The call goes to voicemail as it always does. She slows down her speech and stretches out the pauses in between words, letting uhhhs and hmmms drift inconclusively. She can’t remember how many years ago the dog died. She tells him this. Or what his father looks like. She asks him the first initial of his father’s name, just a hint and she’ll get it. She asks him how old he is again. She stopped counting after college. Gosh and what was the name of the woman from Seinfeld; she’s in so many things nowadays. She lets this one sit, silence soaking up the seconds of a message that’ll probably never be heard. She’ll call back with the name.

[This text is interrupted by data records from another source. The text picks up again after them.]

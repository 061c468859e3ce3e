-- ===== src/Base/Maps/Sizes.antt =====
-- The keys of Go maps of one size.
use Prim.Native.Nat.{suc}
use mathlib.Core.Path.{◌≡◌, refl, sym, ap, ◌∙◌}
use mathlib.Core.Bool.{Bool, true, false}
use mathlib.Core.Option.{none, some}
use mathlib.Core.List.{[], ◌∷◌, Memᴰ}
use native.Mathlib.Omega.{arith}
use text.Mathlib.Text.{◌==◌}
use Prim.Native.String.{String}
use text.Mathlib.TextPositions.{eq_refl}
use mathlib.Core.Logic.{inl, inr}
use mathlib.Core.Path.{ap₂}
use vire.Base.Tests.{if◌then◌else◌}
use vire.Base.Lists.{length}
use vire.Base.Maps.{
  Dict, lookup, set, delete, lookup-set, lookup-delete, String-cases, eq-sym_false,
}

same_text : (j k : String) → j ≡ k → (j == k) ≡ true
same_text j k h = ap (λ n. n == k) h ∙ eq_refl k

some-eq {ℓ} : {A : Type ℓ} {a b : A} → some a ≡ some b → a ≡ b
some-eq h = cc

module _ {ℓ} {V : Type ℓ} where
  -- No key stands twice.
  abbrev pub IsMap : Dict V → Type ℓ
  IsMap [] = Unit {ℓ}
  IsMap ((k, v) ∷ d) = (lookup k d ≡ none) × IsMap d

  abbrev pub HasKey : String → Dict V → Type ℓ
  HasKey k d = (v : V) × (lookup k d ≡ some v)

  lookup-cons_same : (j k : String) (v : V) (d : Dict V) → j ≡ k → lookup k ((j, v) ∷ d) ≡ some v
  unfolding lookup
  lookup-cons_same j k v d h = rw (same_text j k h)

  no_key : (k : String) (v : V) → lookup k [] ≡ some v → ⊥
  unfolding lookup
  no_key k v h = cc

  lookup-cons_away :
      (j k : String) (v : V) (d : Dict V) → (j == k) ≡ false → lookup k ((j, v) ∷ d) ≡ lookup k d
  unfolding lookup
  lookup-cons_away j k v d e = rw e

  pub lookup-Mem : (k : String) (d : Dict V) {v : V} → lookup k d ≡ some v → Memᴰ (k, v) d
  unfolding lookup
  lookup-Mem k [] h = cc
  lookup-Mem k ((j, w) ∷ d) {v} h = elim (String-cases j k) [
    | inl here ↦
        let e : w ≡ v =
          some-eq
            (ap (λ (t : Bool). if t then some w else lookup k d) (sym (same_text j k here)) ∙ h) in
        Memᴰ.head (ap₂ (λ a b. (a, b)) (sym here) (sym e))
    | inr away ↦ Memᴰ.tail (lookup-Mem k d (sym (lookup-cons_away j k w d away) ∙ h))
  ]

  delete_missing : (k : String) (d : Dict V) → lookup k d ≡ none → delete k d ≡ d
  unfolding delete
  delete_missing k [] h = refl
  delete_missing k ((j, w) ∷ d) h = elim (String-cases j k) [
    | inl here ↦ let e : some w ≡ none = sym (lookup-cons_same j k w d here) ∙ h in cc
    | inr away ↦
        rw away
          (ap (λ r. (j, w) ∷ r) (delete_missing k d (sym (lookup-cons_away j k w d away) ∙ h)))
  ]

  length-delete :
      (k : String) (d : Dict V) → IsMap d → HasKey k d → suc (length (delete k d)) ≡ length d
  unfolding delete
  length-delete k [] m (v, h) = absurd (no_key k v h)
  length-delete k ((j, w) ∷ d) (fresh, m) (v, h) = elim (String-cases j k) [
    | inl here ↦
        let same = delete_missing k d (ap (λ n. lookup n d) (sym here) ∙ fresh) in
        rw (same_text j k here) (omega (arith, ap length same))
    | inr away ↦
        let rest = length-delete k d m (v, sym (lookup-cons_away j k w d away) ∙ h) in
        rw away (omega (arith, rest))
  ]

  delete-IsMap : (k : String) (d : Dict V) → IsMap d → IsMap (delete k d)
  unfolding delete
  delete-IsMap k [] m = tt
  delete-IsMap k ((j, w) ∷ d) (fresh, m) = elim (String-cases j k) [
    | inl here ↦ rw (same_text j k here) (delete-IsMap k d m)
    | inr away ↦
        rw away (lookup-delete j k d ∙ rw (eq-sym_false j k away) fresh, delete-IsMap k d m)
  ]

  pub set-IsMap : (k : String) (v : V) (d : Dict V) → IsMap d → IsMap (set k v d)
  unfolding set lookup
  set-IsMap k v [] m = (refl, tt)
  set-IsMap k v ((j, w) ∷ d) (fresh, m) = elim (String-cases j k) [
    | inl here ↦ rw (same_text j k here) (ap (λ n. lookup n d) (sym here) ∙ fresh, m)
    | inr away ↦ rw away (lookup-set j k v d ∙ rw (eq-sym_false j k away) fresh, set-IsMap k v d m)
  ]

  -- A map of the size of another one, with all of its keys, has no other key.
  pub key_of_both :
      (c d : Dict V) (k : String)
      → IsMap c
      → IsMap d
      → ((j : String) → HasKey j c → HasKey j d)
      → length d ≡ length c
      → HasKey k d
      → HasKey k c
  key_of_both [] [] k mc md all same (v, h) = absurd (no_key k v h)
  key_of_both [] (e ∷ d) k mc md all same h = absurd (omega arith)
  key_of_both ((j, w) ∷ c) d k (fresh, mc) md all same (v, h) = elim (String-cases j k) [
    | inl here ↦ (w, lookup-cons_same j k w c here)
    | inr away ↦
        let one_less = length-delete j d md (all j (w, lookup-cons_same j j w c refl)) in
        let (u, e) =
          key_of_both c (delete j d) k mc (delete-IsMap j d md) (λ i has. still i has)
            (omega (arith, one_less)) (v, lookup-delete k j d ∙ rw away h) in
        (u, lookup-cons_away j k w c away ∙ e)
  ]
    where
      still : (i : String) → HasKey i c → HasKey i (delete j d)
      still i (u, e) = elim (String-cases j i) [
        | inl here ↦ let none_is : none ≡ some u = sym fresh ∙ ap (λ n. lookup n c) here ∙ e in cc
        | inr away ↦
            let (x, f) = all i (u, lookup-cons_away j i w c away ∙ e) in
            (x, lookup-delete i j d ∙ rw away f)
      ]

Steve makes eye-contact with no more than two people a day. One of the two is Marty. Customers stare at the desk and slide over money. They smile at the floor as they take the rental shoes. They look at his shirt. They look at the top of his head. They look at their friend. He is a cash register.
It is neither night nor day inside. There are no windows, and the doors have a dark tint that blocks even the slightest hint of sunlight. But it is late. There are only a few bowlers left, and the ones that are wobble toward the lane like babies taking first steps. Balls fall and people laugh. An old couple has been working on a single game for almost two hours. The man’s beer has spilt over and he doesn’t seem to notice or care. Their scores hover around the same point as do their individual heights. Marty dims the lights after midnight to let people know it’s time to go, so there’s a cave-like glow to the place. It is silent when no one is bowling. The lanes are still as bright as ever. The oily sheen of the wood and the specific arrangement of the pins makes it look religious. People bend down before the line and offer prayer.
They are the only two left. They seem to be enjoying themselves but their sagging faces look perpetually disappointed. The woman’s ball slowly veers into the gutter and stays there. The man may or may not be asleep. Marty doesn’t know how to tell them to leave, and Steve doesn’t know why he always assumes a man and a woman bowling together are a couple. She looks left then right for assistance but quickly retreats to her chair instead. The ball stays in the gutter. The woman now appears to be nodding off as well. The lights above the lanes go off one at a time, right to left, with an industrial clack as each shuts down. It looks ceremonial. Steve taps their chairs with his broom handle. He doesn’t look them in the eyes.